● GIVEN DATA:
# # # #

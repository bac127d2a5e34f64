-- ===== src/Cases/Correlate.antt =====
-- api/store.py: `_register_correlations_locked` and the lookup by the keys of one event.
use asoe.Prelude.{
  String, Bool, true, false, ◌≡◌, ◌↔◌, refl, ◌∙◌, Option, none, some, List, [], ◌∷◌, ◌||◌, subst,
  eq_iff, eq_refl, arith, any_of, is_some, if◌then◌else◌,
}
use asoe.Prelude.Assoc.{get_key, get_key-put_key, get_key-put_key_self}
use asoe.Cases.{
  KeyType, sales_order, customer_po, edi_transaction, source_email, same_type, CorrelationKey,
  CorrelationKeys, same_key, priority, given, case_at, first_of, first_match, register,
  register_correlations,
}

same_type-eq : (j k : KeyType) → same_type j k ≡ true → j ≡ k
same_type-eq sales_order sales_order h = refl
same_type-eq customer_po customer_po h = refl
same_type-eq edi_transaction edi_transaction h = refl
same_type-eq source_email source_email h = refl
same_type-eq j k h = ground (arith, h)

same_type_refl : (k : KeyType) → same_type k k ≡ true
same_type_refl sales_order = refl
same_type_refl customer_po = refl
same_type_refl edi_transaction = refl
same_type_refl source_email = refl

same_key-eq : (j k : CorrelationKey) → same_key j k ≡ true → j ≡ k
same_key-eq j k h = ground (
  arith,
  h,
  eq_iff j.tenant_id k.tenant_id,
  eq_iff j.key_value k.key_value,
  same_type-eq j.key_type k.key_type,
)

same_key_refl : (k : CorrelationKey) → same_key k k ≡ true
same_key_refl k =
    ground (arith, eq_refl k.tenant_id, eq_refl k.key_value, same_type_refl k.key_type)

pub same_key_iff : (j k : CorrelationKey) → (same_key j k ≡ true) ↔ (j ≡ k)
same_key_iff j k = (same_key-eq j k, λ e. subst (λ x. same_key j x ≡ true) e (same_key_refl j))

-- whether an event carries a key
abbrev pub has_key : CorrelationKeys → Bool
has_key keys = any_of (λ e. is_some (given e.1)) (priority keys)

register-stays :
    (tenant id : String) (k : CorrelationKey) (t : KeyType) (v : Option String)
    (d : List (CorrelationKey × String))
    → get_key same_key k d ≡ some id
    → get_key same_key k (register tenant id t v d) ≡ some id
register-stays tenant id k t none d h = h
register-stays tenant id k t (some v) d h =
    let j : CorrelationKey = record { tenant_id = tenant; key_type = t; key_value = v } in
    get_key-put_key same_key same_key_iff j k id d ∙ one (same_key j k)
  where
    one : (b : Bool) → (if b then some id else get_key same_key k d) ≡ some id
    one true = refl
    one false = h

register_correlations-stays :
    (tenant id : String) (k : CorrelationKey) (ks : List (KeyType × Option String))
    (d : List (CorrelationKey × String))
    → get_key same_key k d ≡ some id
    → get_key same_key k (register_correlations tenant id ks d) ≡ some id
unfolding register_correlations
register_correlations-stays tenant id k [] d h = h
register_correlations-stays tenant id k ((t, v) ∷ ks) d h =
    register_correlations-stays tenant id k ks _ (register-stays tenant id k t (given v) d h)

registered-found :
    (tenant id : String) (t : KeyType) (w : String) (ks : List (KeyType × Option String))
    (d : List (CorrelationKey × String))
    → case_at tenant t
        (some w)
        (register_correlations tenant id ks (register tenant id t (some w) d))
      ≡ some id
registered-found tenant id t w ks d =
    register_correlations-stays tenant id _ ks _ (get_key-put_key_self same_key same_key_iff _ id d)

pub first_match-register :
    (tenant id : String) (ks : List (KeyType × Option String)) (d : List (CorrelationKey × String))
    → any_of (λ e. is_some (given e.1)) ks ≡ true
    → first_match tenant ks (register_correlations tenant id ks d) ≡ some id
unfolding first_match register_correlations
first_match-register tenant id [] d h = cc
first_match-register tenant id ((t, v) ∷ ks) d h =
    one (given v) h (λ d' h'. first_match-register tenant id ks d' h')
  where
    one :
        (w : Option String)
        → (is_some w || any_of (λ e. is_some (given e.1)) ks) ≡ true
        → ((d' : List (CorrelationKey × String))
            → any_of (λ e. is_some (given e.1)) ks ≡ true
            → first_match tenant ks (register_correlations tenant id ks d') ≡ some id)
        → first_of
            (case_at tenant t w (register_correlations tenant id ks (register tenant id t w d)))
            (first_match tenant ks (register_correlations tenant id ks (register tenant id t w d)))
          ≡ some id
    one none g ih = ih d g
    one (some w) g ih = rw (registered-found tenant id t w ks d) refl
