-- ===== src/Records.antt =====
-- api/store.py: a child case (a row of `exceptions`) and the in-memory `ExceptionStore`, with the
-- lifecycle of contracts/models.py. The resolution data, the trace data, the original event and the
-- texts of a record are not kept. Ids and times are arguments of the calls that draw them.
pub mod Chain
use asoe.Prelude.{
  ℕ, zero, suc, ◌+◌, String, Bool, true, false, ◌&&◌, ◌||◌, not, Option, none, some, List, [], ◌∷◌,
  ◌++◌, map, str_eq, keep_if, length, count_if, is_some, if◌then◌else◌,
}
use asoe.Prelude.Dict.{Dict, lookup, insert}
use asoe.Pipeline.{
  TerminalStatus, complete, fail_to_human, manual_review_required, blocked, rejected,
  complete_with_children, audit_context_missing,
}

pub data LifecycleState : Type 0 where
  ingested classifying auditing pending_review escalated pending_admin_review pending_cosign
        resolved failed blocked_state rejected_state closed :
      LifecycleState

-- `STATUS_TO_LIFECYCLE.get(final_status or "", "INGESTED")`
abbrev pub status_to_lifecycle : Option TerminalStatus → LifecycleState
status_to_lifecycle none = ingested
status_to_lifecycle (some complete) = resolved
status_to_lifecycle (some fail_to_human) = failed
status_to_lifecycle (some manual_review_required) = pending_review
status_to_lifecycle (some blocked) = blocked_state
status_to_lifecycle (some rejected) = rejected_state
status_to_lifecycle (some complete_with_children) = resolved
status_to_lifecycle (some audit_context_missing) = failed

pub record ChildCase : Type 0 where
  pub id : String
  pub tenant_id : String
  pub order_id : String
  pub event_type : String
  pub trace_id : String
  pub intent : Option String
  pub lifecycle_state : LifecycleState
  pub shadow_verdict : Option String
  pub final_status : Option TerminalStatus
  pub parent_case_id : Option String
  pub supergroup_code : Option String
  pub intent_code : Option String
  pub reanalysis_history : List String
  pub created_at : String
  pub updated_at : String

pub record ExceptionStore : Type 0 where
  pub records : Dict ChildCase

-- what the persistence path gives `create`
pub record NewRecord : Type 0 where
  pub tenant_id : String
  pub order_id : String
  pub event_type : String
  pub trace_id : String
  pub intent : Option String
  pub shadow_verdict : Option String
  pub final_status : Option TerminalStatus
  pub parent_case_id : Option String
  pub supergroup_code : Option String
  pub intent_code : Option String

abbrev pub new_child : (id now : String) → NewRecord → ChildCase
new_child id now n = record {
  id = id;
  tenant_id = n.tenant_id;
  order_id = n.order_id;
  event_type = n.event_type;
  trace_id = n.trace_id;
  intent = n.intent;
  lifecycle_state = status_to_lifecycle n.final_status;
  shadow_verdict = n.shadow_verdict;
  final_status = n.final_status;
  parent_case_id = n.parent_case_id;
  supergroup_code = n.supergroup_code;
  intent_code = n.intent_code;
  reanalysis_history = [];
  created_at = now;
  updated_at = now;
}

unfoldable pub create : (id now : String) → NewRecord → ExceptionStore → ChildCase × ExceptionStore
create id now n s =
    (new_child id now n, record s { records = insert id (new_child id now n) s.records })

abbrev pub of_tenant : String → Option ChildCase → Option ChildCase
of_tenant tenant none = none
of_tenant tenant (some r) = if str_eq r.tenant_id tenant then some r else none

unfoldable pub get : String → String → ExceptionStore → Option ChildCase
get id tenant s = of_tenant tenant (lookup id s.records)

-- `self._records.values()`
abbrev pub values : ExceptionStore → List ChildCase
values s = map (λ e. e.1) s.records

abbrev pub is_child_of : String → ChildCase → Bool
is_child_of case_id r = elim r.parent_case_id [ none ↦ false | some p ↦ str_eq p case_id ]

unfoldable pub list_by_case : String → String → ExceptionStore → List ChildCase
list_by_case tenant case_id s =
    keep_if (λ r. str_eq r.tenant_id tenant && is_child_of case_id r) (values s)

unfoldable pub list_orphans : String → ExceptionStore → List ChildCase
list_orphans tenant s =
    keep_if (λ r. str_eq r.tenant_id tenant && not (is_some r.parent_case_id)) (values s)

unfoldable pub append_reanalysis :
    (id tenant now entry : String) → ExceptionStore → Option ChildCase × ExceptionStore
unfolding get
append_reanalysis id tenant now entry s = elim (get id tenant s) [
  | none ↦ (none, s)
  | some r ↦
      let r' = record r {
        reanalysis_history = r.reanalysis_history ++ (entry ∷ []);
        updated_at = now;
      } in
      (some r', record s { records = insert id r' s.records })
]

pub data StatClass : Type 0 where
  open_class auto_resolved_class manual_review_class blocked_class failed_class no_class : StatClass

-- the chain of tests in `stats`
abbrev pub stat_class : LifecycleState → StatClass
stat_class ingested = open_class
stat_class classifying = open_class
stat_class auditing = open_class
stat_class resolved = auto_resolved_class
stat_class pending_review = manual_review_class
stat_class blocked_state = blocked_class
stat_class failed = failed_class
stat_class _ = no_class
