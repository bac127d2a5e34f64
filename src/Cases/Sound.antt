-- ===== src/Cases/Sound.antt =====
-- api/store.py: what every call of the `CaseStore` keeps. A key leads to a case of its own tenant, a
-- case stands under its own id, and no case is closed while it waits for triage.
use asoe.Prelude.{
  String, true, false, ◌≡◌, inl, inr, refl, sym, ap, ◌∙◌, Option, none, some, List, [], ◌∷◌, str_eq,
  eq_iff, Bool-cases, All, arith,
}
use asoe.Prelude.Assoc.{All-put_key, All-get_key, All-mono}
use asoe.Prelude.Dict.{Dict, lookup, insert, lookup-insert, All-lookup}
use asoe.Cases.{
  OrderCase, KeyType, CorrelationKey, same_key, CaseStore, Intake, priority, given, case_at,
  first_of, first_match, case_of, find_by_correlation, register, register_correlations,
}
use asoe.Cases.Update.{is_closed_untriaged}

abbrev pub IsLinked : Dict OrderCase → CorrelationKey × String → Type 0
IsLinked cases e = (c : OrderCase) × (lookup e.1 cases ≡ some c) × (c.tenant_id ≡ e.0.tenant_id)

abbrev pub IsNamed : String × OrderCase → Type 0
IsNamed e = e.1.case_id ≡ e.0

abbrev pub IsTriaged : String × OrderCase → Type 0
IsTriaged e = is_closed_untriaged e.1 ≡ false

pub record IsSound (s : CaseStore) : Type 0 where
  pub linked : All (IsLinked s.cases) s.correlation
  pub named : All IsNamed s.cases
  pub triaged : All IsTriaged s.cases

pub same_key-tenant : (j k : CorrelationKey) → same_key j k ≡ true → j.tenant_id ≡ k.tenant_id
same_key-tenant j k h = (eq_iff j.tenant_id k.tenant_id).0 (ground (arith, h))

pub IsLinked-move :
    (cases : Dict OrderCase) (j k : CorrelationKey) (id : String)
    → same_key j k ≡ true
    → IsLinked cases (k, id)
    → IsLinked cases (j, id)
IsLinked-move cases j k id h (c, found, t) = (c, found, t ∙ sym (same_key-tenant j k h))

-- A case that takes the place of one of the same tenant keeps the links.
pub IsLinked-insert :
    (id : String) (c : OrderCase) (cases : Dict OrderCase) (d : List (CorrelationKey × String))
    → ((b : OrderCase) → lookup id cases ≡ some b → b.tenant_id ≡ c.tenant_id)
    → All (IsLinked cases) d
    → All (IsLinked (insert id c cases)) d
IsLinked-insert id c cases d h =
    All-mono (IsLinked cases) (IsLinked (insert id c cases)) d λ e link.
      elim (Bool-cases (str_eq id e.1)) [
        | inl hit ↦
            let same : id ≡ e.1 = (eq_iff id e.1).0 hit in
            (
              c,
              rw (lookup-insert id e.1 c cases, hit) refl,
              sym (h link.0 (ap (λ x. lookup x cases) same ∙ link.1)) ∙ link.2,
            )
        | inr miss ↦ (link.0, rw (lookup-insert id e.1 c cases, miss) link.1, link.2)
      ]

pub register_correlations-IsLinked :
    (cases : Dict OrderCase) (tenant id : String) (c : OrderCase)
    → lookup id cases ≡ some c
    → c.tenant_id ≡ tenant
    → (ks : List (KeyType × Option String)) (d : List (CorrelationKey × String))
    → All (IsLinked cases) d
    → All (IsLinked cases) (register_correlations tenant id ks d)
unfolding register_correlations
register_correlations-IsLinked cases tenant id c found t [] d h = h
register_correlations-IsLinked cases tenant id c found t ((k, v) ∷ ks) d h =
    register_correlations-IsLinked cases tenant id c found t ks (register tenant id k (given v) d)
      (one (given v))
  where
    one : (w : Option String) → All (IsLinked cases) (register tenant id k w d)
    one none = h
    one (some w) =
        All-put_key (IsLinked cases) same_key (λ a b j. IsLinked-move cases a b j)
          (record { tenant_id = tenant; key_type = k; key_value = w }) id d (c, found, t) h

-- A key that is known leads to a case of its tenant.
first_match-linked :
    (cases : Dict OrderCase) (tenant id : String) (ks : List (KeyType × Option String))
    (d : List (CorrelationKey × String))
    → All (IsLinked cases) d
    → first_match tenant ks d ≡ some id
    → (c : OrderCase) × (lookup id cases ≡ some c) × (c.tenant_id ≡ tenant)
unfolding first_match
first_match-linked cases tenant id [] d h e = cc
first_match-linked cases tenant id ((k, v) ∷ ks) d h e =
    one (first_match-linked cases tenant id ks d h) (given v) (case_at tenant k (given v) d) refl e
  where
    one :
        (first_match tenant ks d ≡ some id
          → (c : OrderCase) × (lookup id cases ≡ some c) × (c.tenant_id ≡ tenant))
        → (w : Option String) (at : Option String) → case_at tenant k w d ≡ at
        → first_of at (first_match tenant ks d) ≡ some id
        → (c : OrderCase) × (lookup id cases ≡ some c) × (c.tenant_id ≡ tenant)
    one ih w none f g = ih g
    one ih none (some j) f g = cc
    one ih (some w) (some j) f g =
        let same : j ≡ id = cc in
        All-get_key (IsLinked cases) same_key
          (record { tenant_id = tenant; key_type = k; key_value = w }) id d
          (λ a hit (c, found, t). (c, found, t ∙ same_key-tenant a _ hit)) h (f ∙ ap some same)

pub find_by_correlation-linked :
    (s : CaseStore) (i : Intake) (c : OrderCase)
    → IsSound s
    → find_by_correlation i.tenant_id i.keys s ≡ some c
    → (lookup c.case_id s.cases ≡ some c) × (c.tenant_id ≡ i.tenant_id)
unfolding find_by_correlation
find_by_correlation-linked s i c h e =
    one (first_match i.tenant_id (priority i.keys) s.correlation) refl e
  where
    one :
        (at : Option String)
        → first_match i.tenant_id (priority i.keys) s.correlation ≡ at
        → case_of s at ≡ some c
        → (lookup c.case_id s.cases ≡ some c) × (c.tenant_id ≡ i.tenant_id)
    one none f g = cc
    one (some id) f g =
        let (b, found, t) =
          first_match-linked s.cases i.tenant_id id (priority i.keys) s.correlation h.linked f in
        let same : b ≡ c = cc in
        let name : c.case_id ≡ id = All-lookup IsNamed id c s.cases h.named g in
        (ap (λ x. lookup x s.cases) name ∙ g, ap (λ x. x.tenant_id) (sym same) ∙ t)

# # # #

Within the entries above, report how many lines include "entry", and keep the answer to the number.

● EXPECTED ANSWER:
3